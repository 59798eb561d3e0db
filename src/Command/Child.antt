-- ===== src/Command/Child.antt =====
-- The child's side of a launch: the trace, the question, and the replacement of the process.
use phxargs.Base.{
  ℕ, ◌+◌, ◌≤◌, ◌≡◌, ◌≢◌, refl, sym, ap, ◌∙◌, Bool, true, false, not, ◌&&◌, ◌||◌, List, [], ◌∷◌,
  ◌++◌, Option, none, some, Outcome, ok, exit, undefined, exit_success, exit_failure, ◌>>=◌, ltb,
  ltb-false, ◌==◌, if◌then◌else◌, length, take, length-append, append_assoc, append-nil,
  take-length, arith,
}
use phxargs.Base.Strings.{Str}
use phxargs.Stream.{Stream}
use phxargs.ExitCodes.{
  phxargs_status_internal_error, phxargs_status_not_found, phxargs_status_not_executable,
}
use phxargs.Command.{Command, build_exec_args}

-- What `execvp` does: it does not return, or it fails with an error number.
pub data Exec : Type 0 where
  replaces_process : Exec
  fails_e2big : Exec
  fails_enoent : Exec
  fails_otherwise : Exec

-- What a child asks the system for: what `fopen` gives for the terminal, whether `freopen` succeeds
-- with it, and what `execvp` does.
pub record ChildSystem : Type 0 where
  pub tty : Option Stream
  pub reopens : Bool
  pub execvp : List Str → Exec

unfoldable pub phxargs_exec : ChildSystem → List Str → Bool → Outcome (List Str)
phxargs_exec system exec_args open_tty =
    if open_tty && not system.reopens then exit exit_failure else elim (system.execvp exec_args) [
      | replaces_process ↦ ok exec_args
      | fails_e2big ↦ exit phxargs_status_internal_error
      | fails_enoent ↦ exit phxargs_status_not_found
      | fails_otherwise ↦ exit phxargs_status_not_executable
    ]

-- `while ((ch = fgetc(tty)) != '\n' && ch != EOF)`: what is left to read.
unfoldable pub skip_line : List ℕ → List ℕ
skip_line [] = []
skip_line (ch ∷ bytes) = if ch == b'\n' then bytes else skip_line bytes

-- Whether the answer is yes, and what the terminal still holds.
unfoldable pub confirm_execution : Option Stream → Outcome (Bool × List ℕ)
unfolding skip_line
confirm_execution none = exit exit_failure
confirm_execution (some tty) = elim tty.bytes [
  | [] ↦ ok (false, [])
  | first ∷ bytes ↦ ok (first == b'y' || first == b'Y', skip_line bytes)
]

-- The first loop of `write_trace`, which measures.
unfoldable pub trace_length : List Str → ℕ
trace_length [] = 0
trace_length (arg ∷ []) = length arg
trace_length (arg ∷ (next ∷ exec_args)) = length arg + 1 + trace_length (next ∷ exec_args)

-- Bytes are written behind those written before; beyond the block this is undefined.
unfoldable pub push : ℕ → Str → Str → Outcome Str
push size written bytes =
    if ltb size (length written + length bytes) then undefined else ok (written ++ bytes)

-- The second loop, which writes.
unfoldable pub trace_loop : ℕ → Str → List Str → Outcome Str
unfolding push
trace_loop size written [] = ok written
trace_loop size written (arg ∷ []) = push size written arg
trace_loop size written (arg ∷ (next ∷ exec_args)) = do
  with_arg ← push size written arg
  with_space ← push size with_arg (b' ' ∷ [])
  trace_loop size with_space (next ∷ exec_args)

-- `write` of `trace_len` bytes: those that have no value are undefined.
unfoldable pub written_out : ℕ → Str → Outcome Str
written_out trace_len written =
    if ltb (length written) trace_len then undefined else ok (take trace_len written)

-- What is written to stderr.
unfoldable pub write_trace : List Str → Bool → Outcome Str
unfolding trace_length trace_loop written_out
write_trace exec_args with_newline = do
  let trace_len = if with_newline then trace_length exec_args + 1 else trace_length exec_args
  text ← trace_loop (trace_len + 1) [] exec_args
  ended ← if with_newline then push (trace_len + 1) text (b'\n' ∷ []) else ok text
  written_out trace_len ended

-- The trace, and the arguments that the process is replaced with; or its exit.
unfoldable pub exec_child : ChildSystem → Command → Outcome (Str × List Str)
unfolding phxargs_exec confirm_execution write_trace
exec_child system cmd = do
  let exec_args = build_exec_args cmd
  trace ← if cmd.trace then write_trace exec_args (not cmd.prompt) else ok []
  (execute, _) ← if cmd.prompt then confirm_execution system.tty else ok (true, [])
  executed ← if execute then phxargs_exec system exec_args cmd.open_tty else exit exit_success
  ok (trace, executed)

-- The arguments with a space between each two.
abbrev pub joined : List Str → Str
joined [] = []
joined (arg ∷ []) = arg
joined (arg ∷ (next ∷ exec_args)) = arg ++ b' ' ∷ joined (next ∷ exec_args)

length-joined : (exec_args : List Str) → length (joined exec_args) ≡ trace_length exec_args
unfolding trace_length
length-joined [] = refl
length-joined (arg ∷ []) = refl
length-joined (arg ∷ next ∷ exec_args) =
    omega (
      arith,
      length-append arg (b' ' ∷ joined (next ∷ exec_args)),
      length-joined (next ∷ exec_args),
    )

push-ok :
    (size : ℕ) (written bytes : Str)
    → length written + length bytes ≤ size
    → push size written bytes ≡ ok (written ++ bytes)
unfolding push
push-ok size written bytes h = rw (ltb-false size (length written + length bytes) h) refl

trace_loop-joined :
    (size : ℕ) (written : Str) (exec_args : List Str)
    → length written + trace_length exec_args ≤ size
    → trace_loop size written exec_args ≡ ok (written ++ joined exec_args)
unfolding trace_loop trace_length
trace_loop-joined size written [] h = ap ok (sym (append-nil written))
trace_loop-joined size written (arg ∷ []) h = push-ok size written arg h
trace_loop-joined size written (arg ∷ next ∷ exec_args) h =
    rw
      (
        push-ok size written arg (omega arith),
        push-ok size (written ++ arg) (b' ' ∷ []) (omega (arith, length-append written arg)),
      )
      (trace_loop-joined size ((written ++ arg) ++ b' ' ∷ []) (next ∷ exec_args)
          (omega (arith, length-append written arg, length-append (written ++ arg) (b' ' ∷ [])))
        ∙ ap ok (
            append_assoc (written ++ arg) (b' ' ∷ []) (joined (next ∷ exec_args))
            ∙ append_assoc written arg (b' ' ∷ joined (next ∷ exec_args))))

written_out-all : (text : Str) → written_out (length text) text ≡ ok text
unfolding written_out
written_out-all text =
    rw (ltb-false (length text) (length text) (omega arith)) (ap ok (take-length text))

-- The trace is the arguments with a space between each two, with a newline behind them where it is
-- asked for; the block that is measured first holds it, and all that is written has a value.
pub write_trace-joined :
    (exec_args : List Str) (with_newline : Bool)
    → write_trace exec_args with_newline
      ≡ ok (if with_newline then joined exec_args ++ b'\n' ∷ [] else joined exec_args)
unfolding write_trace
write_trace-joined exec_args true =
    let text = joined exec_args in
    let size = length-joined exec_args in
    rw
      (
        trace_loop-joined (trace_length exec_args + 1 + 1) [] exec_args (omega arith),
        push-ok (trace_length exec_args + 1 + 1) text (b'\n' ∷ []) (omega (arith, size)),
      )
      (ap (λ n. written_out n (text ++ b'\n' ∷ []))
          (omega (arith, size, length-append text (b'\n' ∷ [])))
        ∙ written_out-all (text ++ b'\n' ∷ []))
write_trace-joined exec_args false =
    rw (trace_loop-joined (trace_length exec_args + 1) [] exec_args (omega arith)) (
      ap (λ n. written_out n (joined exec_args)) (sym (length-joined exec_args))
      ∙ written_out-all (joined exec_args))

abbrev pub NoNewline : Str → Type 0
NoNewline [] = Unit {0}
NoNewline (c ∷ line) = (c ≢ b'\n') × NoNewline line

skip_line-NoNewline : (line rest : Str) → NoNewline line → skip_line (line ++ b'\n' ∷ rest) ≡ rest
unfolding skip_line
skip_line-NoNewline [] rest h = refl
skip_line-NoNewline (c ∷ line) rest h = ground (arith, skip_line-NoNewline line rest h.1)

-- The first byte of the answer is read, and then all up to the next newline: the answer is a yes where
-- it begins with `y` or `Y`, and its line is read to the end. Where it is an empty line, it is a no, and
-- the line behind it is read as well.
pub confirm_execution_lem :
    (first : ℕ) (line rest : Str) (error : Bool)
    → NoNewline line
    → (confirm_execution (some (record { bytes = first ∷ (line ++ b'\n' ∷ rest); error = error }))
        ≡ ok (first == b'y' || first == b'Y', rest))
      × (confirm_execution (some (record { bytes = b'\n' ∷ (line ++ b'\n' ∷ rest); error = error }))
          ≡ ok (false, rest))
unfolding confirm_execution
confirm_execution_lem first line rest error h =
    let e = skip_line-NoNewline line rest h in
    (ap (λ left. ok (first == b'y' || first == b'Y', left)) e, ap (λ left. ok (false, left)) e)
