-- ===== src/Command/ChildEnds.antt =====
-- How a child ends: its process is replaced, or it exits for a reason.
use phxargs.Base.{
  ℕ, ◌≡◌, ◌≢◌, ◌⊎◌, refl, ap, inl, inr, Bool, true, false, not, ◌&&◌, ◌==◌, List, [], ◌∷◌, ◌++◌,
  Option, none, some, Outcome, ok, exit, Bool-cases, if◌then◌else◌, arith,
}
use phxargs.Base.Strings.{Str}
use phxargs.Stream.{Stream}
use phxargs.Command.{Command, build_exec_args}
use phxargs.Command.Child.{
  Exec, replaces_process, fails_e2big, fails_enoent, fails_otherwise, ChildSystem, phxargs_exec,
  skip_line, confirm_execution, write_trace, exec_child, joined, write_trace-joined,
}

-- What the child writes to stderr.
abbrev pub trace_of : Command → Str
trace_of cmd =
    if cmd.trace
    then if not cmd.prompt
      then joined (build_exec_args cmd) ++ b'\n' ∷ []
      else joined (build_exec_args cmd)
    else []

-- The answer at the terminal begins with `y` or `Y`.
pub data Agrees (tty : Option Stream) : Type 0 where
  small_y :
      {stream : Stream} {bytes : List ℕ}
      → tty ≡ some stream
      → stream.bytes ≡ b'y' ∷ bytes
      → Agrees tty
  capital_y :
      {stream : Stream} {bytes : List ℕ}
      → tty ≡ some stream
      → stream.bytes ≡ b'Y' ∷ bytes
      → Agrees tty

-- The terminal gives no answer, or one that begins with another byte.
pub data Declines (tty : Option Stream) : Type 0 where
  says_nothing : {stream : Stream} → tty ≡ some stream → stream.bytes ≡ [] → Declines tty
  says_no :
      {stream : Stream} {first : ℕ} {bytes : List ℕ}
      → tty ≡ some stream
      → stream.bytes ≡ first ∷ bytes
      → first ≢ b'y'
      → first ≢ b'Y'
      → Declines tty

-- The command may be executed: the question is not to be asked, or it is answered with a yes.
abbrev pub Granted : ChildSystem → Command → Type 0
Granted system cmd = (cmd.prompt ≡ false) ⊎ (cmd.prompt ≡ true) × Agrees system.tty

-- The standard input is as the command asks for.
abbrev pub InputReady : ChildSystem → Command → Type 0
InputReady system cmd = (cmd.open_tty ≡ false) ⊎ (system.reopens ≡ true)

-- Why a child exits with a status.
pub data Ends (system : ChildSystem) (cmd : Command) : ℕ → Type 0 where
  declined : cmd.prompt ≡ true → Declines system.tty → Ends system cmd 0
  no_terminal : cmd.prompt ≡ true → system.tty ≡ none → Ends system cmd 1
  no_standard_input :
      Granted system cmd → cmd.open_tty ≡ true → system.reopens ≡ false → Ends system cmd 1
  too_long :
      Granted system cmd
      → InputReady system cmd
      → system.execvp (build_exec_args cmd) ≡ fails_e2big
      → Ends system cmd 125
  not_found :
      Granted system cmd
      → InputReady system cmd
      → system.execvp (build_exec_args cmd) ≡ fails_enoent
      → Ends system cmd 127
  not_executable :
      Granted system cmd
      → InputReady system cmd
      → system.execvp (build_exec_args cmd) ≡ fails_otherwise
      → Ends system cmd 126

-- The process is replaced: nothing stands in the way of it, and `execvp` succeeds.
pub record Replaced (system : ChildSystem) (cmd : Command) : Type 0 where
  pub granted : Granted system cmd
  pub input_ready : InputReady system cmd
  pub succeeds : system.execvp (build_exec_args cmd) ≡ replaces_process

abbrev Execs : ChildSystem → Command → Outcome (List Str) → Type 0
Execs system cmd m =
    (m ≡ ok (build_exec_args cmd)) × Replaced system cmd
    ⊎ ((code : ℕ) × (m ≡ exit code) × Ends system cmd code)

Exec-cases :
    (e : Exec)
    → (e ≡ replaces_process) ⊎ ((e ≡ fails_e2big) ⊎ ((e ≡ fails_enoent) ⊎ (e ≡ fails_otherwise)))
Exec-cases replaces_process = inl refl
Exec-cases fails_e2big = inr (inl refl)
Exec-cases fails_enoent = inr (inr (inl refl))
Exec-cases fails_otherwise = inr (inr (inr refl))

reopening-cases :
    (open_tty reopens : Bool)
    → ((open_tty && not reopens) ≡ true) × (open_tty ≡ true) × (reopens ≡ false)
      ⊎ ((open_tty && not reopens) ≡ false) × ((open_tty ≡ false) ⊎ (reopens ≡ true))
reopening-cases true true = inr (refl, inr refl)
reopening-cases true false = inl (refl, refl, refl)
reopening-cases false reopens = inr (refl, inl refl)

phxargs_exec-Execs :
    (system : ChildSystem) (cmd : Command)
    → Granted system cmd
    → Execs system cmd (phxargs_exec system (build_exec_args cmd) cmd.open_tty)
unfolding phxargs_exec
phxargs_exec-Execs system cmd agreed = elim (reopening-cases cmd.open_tty system.reopens) [
  | inl (closed, opens, fails) ↦ inr (1, rw closed refl, no_standard_input agreed opens fails)
  | inr (fits, ready) ↦ elim (Exec-cases (system.execvp (build_exec_args cmd))) [
    | inl runs ↦
        inl
          (rw (fits, runs) refl, record { granted = agreed; input_ready = ready; succeeds = runs })
    | inr (inl big) ↦ inr (125, rw (fits, big) refl, too_long agreed ready big)
    | inr (inr (inl missing)) ↦ inr (127, rw (fits, missing) refl, not_found agreed ready missing)
    | inr (inr (inr bad)) ↦ inr (126, rw (fits, bad) refl, not_executable agreed ready bad)
  ]
]

-- What the answer at the terminal says, and what `confirm_execution` makes of it.
data Answers (tty : Option Stream) : Type 0 where
  closed : tty ≡ none → confirm_execution tty ≡ exit 1 → Answers tty
  answers_no :
      {left : List ℕ} → Declines tty → confirm_execution tty ≡ ok (false, left) → Answers tty
  answers_yes : {left : List ℕ} → Agrees tty → confirm_execution tty ≡ ok (true, left) → Answers tty

byte-cases : (first : ℕ) → (first ≡ b'y') ⊎ ((first ≡ b'Y') ⊎ (first ≢ b'y') × (first ≢ b'Y'))
byte-cases first = elim (Bool-cases (first == b'y')) [
  | inl small ↦ inl (ground (arith, small))
  | inr not_small ↦ elim (Bool-cases (first == b'Y')) [
    | inl capital ↦ inr (inl (ground (arith, capital)))
    | inr other ↦
        inr
          (inr (λ e. absurd (ground (arith, e, not_small)), λ e. absurd (ground (arith, e, other))))
  ]
]

stream-Answers :
    (bytes : List ℕ) (error : Bool) → Answers (some (record { bytes = bytes; error = error }))
unfolding confirm_execution
stream-Answers [] error = answers_no (says_nothing refl refl) refl
stream-Answers (first ∷ bytes) error = elim (byte-cases first) [
  | inl e ↦ answers_yes {left = skip_line bytes} (small_y refl (ap (λ c. c ∷ bytes) e)) (rw e refl)
  | inr (inl e) ↦
      answers_yes {left = skip_line bytes} (capital_y refl (ap (λ c. c ∷ bytes) e)) (rw e refl)
  | inr (inr (other, never)) ↦
      answers_no {left = skip_line bytes} (says_no refl refl other never)
        (ground (arith, other, never))
]

confirm_execution-Answers : (tty : Option Stream) → Answers tty
unfolding confirm_execution
confirm_execution-Answers none = closed refl refl
confirm_execution-Answers (some stream) = stream-Answers stream.bytes stream.error

traced-ok :
    (cmd : Command)
    → (if cmd.trace then write_trace (build_exec_args cmd) (not cmd.prompt) else ok [])
      ≡ ok (trace_of cmd)
unfolding build_exec_args
traced-ok cmd = elim (Bool-cases cmd.trace) [
  | inl traces ↦ elim (Bool-cases cmd.prompt) [
    | inl prompts ↦ rw (traces, prompts) (write_trace-joined (build_exec_args cmd) false)
    | inr silent ↦ rw (traces, silent) (write_trace-joined (build_exec_args cmd) true)
  ]
  | inr quiet ↦ rw quiet refl
]

-- A child either has its process replaced, with the argument vector of the command, after it has
-- written the trace, if one is asked for; or it exits. It is replaced only where no question is to be
-- asked or the answer at the terminal begins with `y` or `Y`, and where the standard input has been
-- reopened from the terminal, if `-o` asks for it. It exits with 0 where the question is asked and
-- the answer begins with anything else or there is none; with 1 where the terminal cannot be opened
-- for the question, or for the standard input; and behind a yes, or without a question, with 125 where
-- the arguments are too long for the system, 127 where the command is not found, and 126 where it
-- cannot be executed.
pub exec_child-Ends :
    (system : ChildSystem) (cmd : Command)
    → (exec_child system cmd ≡ ok (trace_of cmd, build_exec_args cmd)) × Replaced system cmd
      ⊎ ((code : ℕ) × (exec_child system cmd ≡ exit code) × Ends system cmd code)
unfolding exec_child build_exec_args
exec_child-Ends system cmd =
    let traced = traced-ok cmd in
    elim (Bool-cases cmd.prompt) [
      | inr silent ↦ elim (phxargs_exec-Execs system cmd (inl silent)) [
        | inl (e, runs) ↦ inl (rw (traced, silent, e) refl, runs)
        | inr (code, e, ends) ↦ inr (code, rw (traced, silent, e) refl, ends)
      ]
      | inl prompts ↦ elim (confirm_execution-Answers system.tty) [
        | closed missing e ↦ inr (1, rw (traced, prompts, e) refl, no_terminal prompts missing)
        | answers_no other e ↦ inr (0, rw (traced, prompts, e) refl, declined prompts other)
        | answers_yes agreed e₁ ↦ elim (phxargs_exec-Execs system cmd (inr (prompts, agreed))) [
          | inl (e, runs) ↦ inl (rw (traced, prompts, e₁, e) refl, runs)
          | inr (code, e, ends) ↦ inr (code, rw (traced, prompts, e₁, e) refl, ends)
        ]
      ]
    ]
---
» WHAT IS EXPECTED
Your answer must be the lines from the first line of the records through the line containing "ok (false, [])", copied exactly.

» EXERCISE SOLUTION
repository 59798eb561d3e0db
filename src/Command/Child.antt
-- ===== src/Command/Child.antt =====
-- The child's side of a launch: the trace, the question, and the replacement of the process.
use phxargs.Base.{
  ℕ, ◌+◌, ◌≤◌, ◌≡◌, ◌≢◌, refl, sym, ap, ◌∙◌, Bool, true, false, not, ◌&&◌, ◌||◌, List, [], ◌∷◌,
  ◌++◌, Option, none, some, Outcome, ok, exit, undefined, exit_success, exit_failure, ◌>>=◌, ltb,
  ltb-false, ◌==◌, if◌then◌else◌, length, take, length-append, append_assoc, append-nil,
  take-length, arith,
}
use phxargs.Base.Strings.{Str}
use phxargs.Stream.{Stream}
use phxargs.ExitCodes.{
  phxargs_status_internal_error, phxargs_status_not_found, phxargs_status_not_executable,
}
use phxargs.Command.{Command, build_exec_args}

-- What `execvp` does: it does not return, or it fails with an error number.
pub data Exec : Type 0 where
  replaces_process : Exec
  fails_e2big : Exec
  fails_enoent : Exec
  fails_otherwise : Exec

-- What a child asks the system for: what `fopen` gives for the terminal, whether `freopen` succeeds
-- with it, and what `execvp` does.
pub record ChildSystem : Type 0 where
  pub tty : Option Stream
  pub reopens : Bool
  pub execvp : List Str → Exec

unfoldable pub phxargs_exec : ChildSystem → List Str → Bool → Outcome (List Str)
phxargs_exec system exec_args open_tty =
    if open_tty && not system.reopens then exit exit_failure else elim (system.execvp exec_args) [
      | replaces_process ↦ ok exec_args
      | fails_e2big ↦ exit phxargs_status_internal_error
      | fails_enoent ↦ exit phxargs_status_not_found
      | fails_otherwise ↦ exit phxargs_status_not_executable
    ]

-- `while ((ch = fgetc(tty)) != '\n' && ch != EOF)`: what is left to read.
unfoldable pub skip_line : List ℕ → List ℕ
skip_line [] = []
skip_line (ch ∷ bytes) = if ch == b'\n' then bytes else skip_line bytes

-- Whether the answer is yes, and what the terminal still holds.
unfoldable pub confirm_execution : Option Stream → Outcome (Bool × List ℕ)
unfolding skip_line
confirm_execution none = exit exit_failure
confirm_execution (some tty) = elim tty.bytes [
  | [] ↦ ok (false, [])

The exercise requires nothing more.